# SanDisk Cruzer Mini 256MB Problems!



## jub_jub_kiwi (May 29, 2006)

Okay I have a SanDisk Cruzer Mini 256MB and I have some pictures in .jpeg format on there. At home I have an XP and everything works perfectly. However when I got to the school lab, which has Mac's (version 10.2) it keeps getting an error. It's the exact same error when you don't remove a device properly from the machine. However I know I have not removed the drive so there is an error. Does anyone know why it isn't working? Also when I go home, it totally corrupts my jump drive so I have to reformat it on my 2000 compuer (on XP it won't work.)

http://www.sandisk.com/Retail/Default.aspx?CatID=1093

The website says it supports Mac's and it's only 98 that needs a driver.

Any solutions?


----------



## Joefireline (Apr 2, 2006)

I think it is because it means it is ethier to be used ONLY on Mac systems, OR Windows systems.


----------



## TheMatt (May 9, 2006)

Does it do this on all the macs at school?


----------



## jub_jub_kiwi (May 29, 2006)

Yes on all of the school's computers it does this. Before it used to work for a minute on one computer and then it would crash. Joefireline wouldn't the product have said it could only be used for one system?


----------



## Joefireline (Apr 2, 2006)

They don't have to say it. If they said it could be used with Macs and Windows systems at the same time, that would be false advertising. But they didn't say anything about it, so...


----------



## dai (Jul 2, 2004)

not knowing anything about mac's would suspect a different format
i will move you to the mac forum someone there is more likely to have the answer


----------



## shuuhen (Sep 4, 2004)

The Macs should be able to use it fine. Flash drives are usually FAT formatted because almost any OS can use it (every OS I've used has some level of support for FAT).
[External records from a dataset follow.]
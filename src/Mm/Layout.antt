-- ===== src/Mm/Layout.antt =====
-- The blocks of the heap as a list: what the memory of lab5-malloclab5-qinlinj/mm.c holds for them.
pub mod Outside
pub mod Blocks
pub mod Members
pub mod Frame
pub mod Relist
pub mod Moves
pub mod Replace
pub mod Writes
pub mod Merge
pub mod Coalesce
pub mod Cases
pub mod Joins
pub mod Combine
pub mod Split
pub mod Divide
pub mod Take
pub mod Fit
pub mod Grow
use computer_systems_project.Base.{
  ℕ, zero, suc, ◌+◌, ◌-◌, ◌%◌, ◌<◌, ◌≤◌, ◌≡◌, ◌≢◌, ◌⊎◌, Bool, true, false, not, ◌==◌, if◌then◌else◌,
  List, [], ◌∷◌, ◌++◌, length, arith,
}
use computer_systems_project.Mm.{Memory, min_block_size, extract_size, find_seg_list_class}
use computer_systems_project.Mm.Words.{Says}
use computer_systems_project.Mm.Lists.{Heap}
use computer_systems_project.Mm.Lists.Chain.{head_of, NotIn, Distinct, Chain}

-- `listed` says that the block is in a free list.
pub record Block : Type 0 where
  pub size : ℕ
  pub alloc : Bool
  pub listed : Bool

-- The address behind the blocks, for the address of the first.
abbrev pub end_of : ℕ → List Block → ℕ
end_of p [] = p
end_of p (b ∷ bs) = end_of (p + b.size) bs

-- The two flags of the block behind, for those of the first.
abbrev pub min_after : Bool → List Block → Bool
min_after pm [] = pm
min_after pm (b ∷ bs) = min_after (b.size == min_block_size) bs

abbrev pub alloc_after : Bool → List Block → Bool
alloc_after pa [] = pa
alloc_after pa (b ∷ bs) = alloc_after b.alloc bs

-- The words of one block.
pub record Holds (mem : Memory) (p : ℕ) (pm pa : Bool) (b : Block) : Type 0 where
  pub aligned : b.size % 16 ≡ 0
  pub least : min_block_size ≤ b.size
  pub header : Says (mem p) b.size pm pa b.alloc
  pub footer :
      b.alloc ≡ false → min_block_size < b.size → extract_size (mem (p + b.size - 8)) ≡ b.size
  pub free : b.listed ≡ true → b.alloc ≡ false

abbrev pub Part : Memory → ℕ → Bool → Bool → List Block → Type 0
Part mem p pm pa [] = Unit
Part mem p pm pa (b ∷ bs) =
    Holds mem p pm pa b × Part mem (p + b.size) (b.size == min_block_size) b.alloc bs

-- The block `a` stands at address `x`.
abbrev pub At : ℕ → List Block → ℕ → Block → Type 0
At p [] x a = ⊥
At p (b ∷ bs) x a = ((x ≡ p) × (a ≡ b)) ⊎ At (p + b.size) bs x a

abbrev pub In : ℕ → List ℕ → Type 0
In x [] = ⊥
In x (b ∷ bs) = (x ≡ b) ⊎ In x bs

abbrev pub count_listed : List Block → ℕ
count_listed [] = 0
count_listed (b ∷ bs) = (if b.listed then 1 else 0) + count_listed bs

-- The blocks in the first `n` lists.
abbrev pub total : ℕ → (ℕ → List ℕ) → ℕ
total zero lists = 0
total (suc n) lists = length (lists n) + total n lists

-- The heap from `p` on consists of the blocks `bs` and an epilogue, and the free lists hold the listed
-- blocks, each in the list of its class.
pub record Sound (h : Heap) (p : ℕ) (bs : List Block) (lists : ℕ → List ℕ) : Type 0 where
  pub start : p % 16 ≡ 8
  pub part : Part h.mem p false true bs
  pub epilogue : Says (h.mem (end_of p bs)) 0 (min_after false bs) (alloc_after true bs) true
  pub first : (c : ℕ) → c < 14 → h.seg_list c ≡ head_of (lists c)
  pub chain : (c : ℕ) → c < 14 → Chain h.mem (not (c == 0)) 0 (lists c)
  pub distinct : (c : ℕ) → c < 14 → Distinct (lists c)
  pub in_block :
      (c x : ℕ)
      → c < 14
      → In x (lists c)
      → (a : Block) × At p bs x a × (a.listed ≡ true) × (find_seg_list_class a.size ≡ c)
  pub in_list :
      (x : ℕ) (a : Block)
      → At p bs x a
      → a.listed ≡ true
      → In x (lists (find_seg_list_class a.size))
  pub counted : total 14 lists ≡ count_listed bs
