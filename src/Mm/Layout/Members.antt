-- ===== src/Mm/Layout/Members.antt =====
-- Members of free lists.
use computer_systems_project.Base.{
  ℕ, zero, suc, ◌+◌, ◌<◌, ◌≤◌, ◌≡◌, ◌≢◌, refl, sym, ap, ◌∙◌, inl, inr, Bool, true, false, ◌==◌,
  ==_self, if◌then◌else◌, Bool-cases, List, [], ◌∷◌, ◌++◌, length, arith,
}
use computer_systems_project.Mm.{Memory}
use computer_systems_project.Mm.Layout.{In, total}
use computer_systems_project.Mm.Lists.{next_at, prev_at}
use computer_systems_project.Mm.Lists.Chain.{NotIn, Distinct, Chain}

pub In-parts : (x : ℕ) (xs : List ℕ) → In x xs → (f : List ℕ) × (r : List ℕ) × (xs ≡ f ++ x ∷ r)
In-parts x [] h = absurd h
In-parts x (b ∷ bs) (inl e) = ([], bs, ap (λ t. t ∷ bs) (sym e))
In-parts x (b ∷ bs) (inr h) = let (f, r, e) = In-parts x bs h in (b ∷ f, r, ap (λ t. b ∷ t) e)

pub In-drop : (x b : ℕ) (f r : List ℕ) → In x (f ++ r) → In x (f ++ b ∷ r)
In-drop x b [] r h = inr h
In-drop x b (c ∷ f) r (inl e) = inl e
In-drop x b (c ∷ f) r (inr h) = inr (In-drop x b f r h)

pub In-keep : (x b : ℕ) (f r : List ℕ) → x ≢ b → In x (f ++ b ∷ r) → In x (f ++ r)
In-keep x b [] r other (inl e) = absurd (other e)
In-keep x b [] r other (inr h) = h
In-keep x b (c ∷ f) r other (inl e) = inl e
In-keep x b (c ∷ f) r other (inr h) = inr (In-keep x b f r other h)

pub NotIn-In : (x b : ℕ) (xs : List ℕ) → NotIn b xs → In x xs → x ≢ b
NotIn-In x b [] away h = absurd h
NotIn-In x b (c ∷ xs) away (inl e) = λ f. away.0 (sym f ∙ e)
NotIn-In x b (c ∷ xs) away (inr h) = NotIn-In x b xs away.1 h

pub NotIn-of : (b : ℕ) (xs : List ℕ) → ((x : ℕ) → In x xs → x ≢ b) → NotIn b xs
NotIn-of b [] other = tt
NotIn-of b (c ∷ xs) other =
    ((λ e. other c (inl refl) (sym e)), NotIn-of b xs (λ x h. other x (inr h)))

NotIn-drop : (x b : ℕ) (f r : List ℕ) → NotIn x (f ++ b ∷ r) → NotIn x (f ++ r)
NotIn-drop x b [] r h = h.1
NotIn-drop x b (c ∷ f) r h = (h.0, NotIn-drop x b f r h.1)

pub Distinct-drop : (b : ℕ) (f r : List ℕ) → Distinct (f ++ b ∷ r) → Distinct (f ++ r)
Distinct-drop b [] r d = d.1
Distinct-drop b (c ∷ f) r d = (NotIn-drop c b f r d.0, Distinct-drop b f r d.1)

-- The removed block is not in what is left.
pub Distinct-other : (x b : ℕ) (f r : List ℕ) → Distinct (f ++ b ∷ r) → In x (f ++ r) → x ≢ b
Distinct-other x b [] r d h = NotIn-In x b r d.0 h
Distinct-other x b (c ∷ f) r d (inl e) =
    λ g. NotIn-In b c (f ++ b ∷ r) d.0 (In-middle b f r) (sym g ∙ e)
  where
    In-middle : (b : ℕ) (f r : List ℕ) → In b (f ++ b ∷ r)
    In-middle b [] r = inl refl
    In-middle b (c ∷ f) r = inr (In-middle b f r)
Distinct-other x b (c ∷ f) r d (inr h) = Distinct-other x b f r d.1 h

-- A chain lies in the words of its blocks.
pub Chain-agree :
    (mem mem' : Memory) (both : Bool) (prev : ℕ) (bs : List ℕ)
    → ((b : ℕ)
        → In b bs
        → (mem' (next_at b) ≡ mem (next_at b)) × (both ≡ true → mem' (prev_at b) ≡ mem (prev_at b)))
    → Chain mem both prev bs
    → Chain mem' both prev bs
Chain-agree mem mem' both prev [] same c = tt
Chain-agree mem mem' both prev (b ∷ bs) same c =
    let here = same b (inl refl) in
    (
      c.0,
      here.0 ∙ c.1,
      (λ e. here.1 e ∙ c.2 e),
      Chain-agree mem mem' both b bs (λ x h. same x (inr h)) c.3,
    )

abbrev pub update : (ℕ → List ℕ) → ℕ → List ℕ → ℕ → List ℕ
update lists c l k = if k == c then l else lists k

total_below :
    (n : ℕ) (lists : ℕ → List ℕ) (c : ℕ) (l : List ℕ)
    → n ≤ c
    → total n (update lists c l) ≡ total n lists
total_below zero lists c l h = refl
total_below (suc n) lists c l h =
    let other : (n == c) ≡ false = ground arith in
    let here : update lists c l n ≡ lists n = rw other refl in
    omega (arith, ap (length {0}) here, total_below n lists c l (omega arith))

pub total-update :
    (n : ℕ) (lists : ℕ → List ℕ) (c : ℕ) (l : List ℕ)
    → c < n
    → total n (update lists c l) + length (lists c) ≡ total n lists + length l
total-update zero lists c l h = absurd (omega arith)
total-update (suc n) lists c l h = elim (Bool-cases (n == c)) [
  | inl same ↦
      let e : n ≡ c = ground arith in
      let here : update lists c l n ≡ l = rw same refl in
      let there : lists n ≡ lists c = ap lists e in
      omega (
        arith,
        ap (length {0}) here,
        ap (length {0}) there,
        total_below n lists c l (omega (arith, e)),
      )
  | inr other ↦
      let here : update lists c l n ≡ lists n = rw other refl in
      omega (arith, ap (length {0}) here, total-update n lists c l (ground arith))
]

pub length-le_total :
    (n : ℕ) (lists : ℕ → List ℕ) (c : ℕ) → c < n → length (lists c) ≤ total n lists
length-le_total zero lists c h = absurd (omega arith)
length-le_total (suc n) lists c h = elim (Bool-cases (n == c)) [
  | inl same ↦
      let there : lists n ≡ lists c = ap lists (ground arith) in
      omega (arith, ap (length {0}) there)
  | inr other ↦ omega (arith, length-le_total n lists c (ground arith))
]

pub update_self : (lists : ℕ → List ℕ) (c : ℕ) (l : List ℕ) → update lists c l c ≡ l
update_self lists c l = rw (==_self c) refl

pub update_ne :
    (lists : ℕ → List ℕ) (c : ℕ) (l : List ℕ) (k : ℕ) → k ≢ c → update lists c l k ≡ lists k
update_ne lists c l k other = let e : (k == c) ≡ false = ground arith in rw e refl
I've used my flash drive with Mac OS 9, Mac OS X, WinME, Win2k Pro, WinXP Home and Pro, Linux, and FreeBSD. Just as they say on the packaging, it works with both.

Do you know if other people can use their flash drives on those machines? It's possible the admin is trying to keep flash drives off of the system (although I don't see the point on a Mac...). If you can, try the flash drive on a Mac outside of the school.


----------



## sinclair_tm (Mar 11, 2005)

are you using any of the included sync or security software that came with the drive? if you are, thats most likely what is keeping it from working correctly on the macs, or other win pcs. but with you saying that you can't even format it on a win xp pc makes me think that there is something wrong with the drive. on a tangent thought, which of these computers that you have tried it on have usb 2?


----------



## jub_jub_kiwi (May 29, 2006)

The school's other removable devices work fine on the computers. I didn't install any software with my device. Everytime I plug it in I get the sign that says you have unsafely removed a device.... my xp has 2.0 while my 2000 is on 1. The schools.....I am not sure.


----------



## sinclair_tm (Mar 11, 2005)

i think there is something wrong with the drive. i have never heard of anything like that with xp or the mac, and i use all kinds of usb devices on both.


----------



## jub_jub_kiwi (May 29, 2006)

Oh well, I guess this mystery will never be 100% sloved. School's over so that's okay...lol.


----------



## sinclair_tm (Mar 11, 2005)

oh well. i'd still get a different flash drive for next year.


----------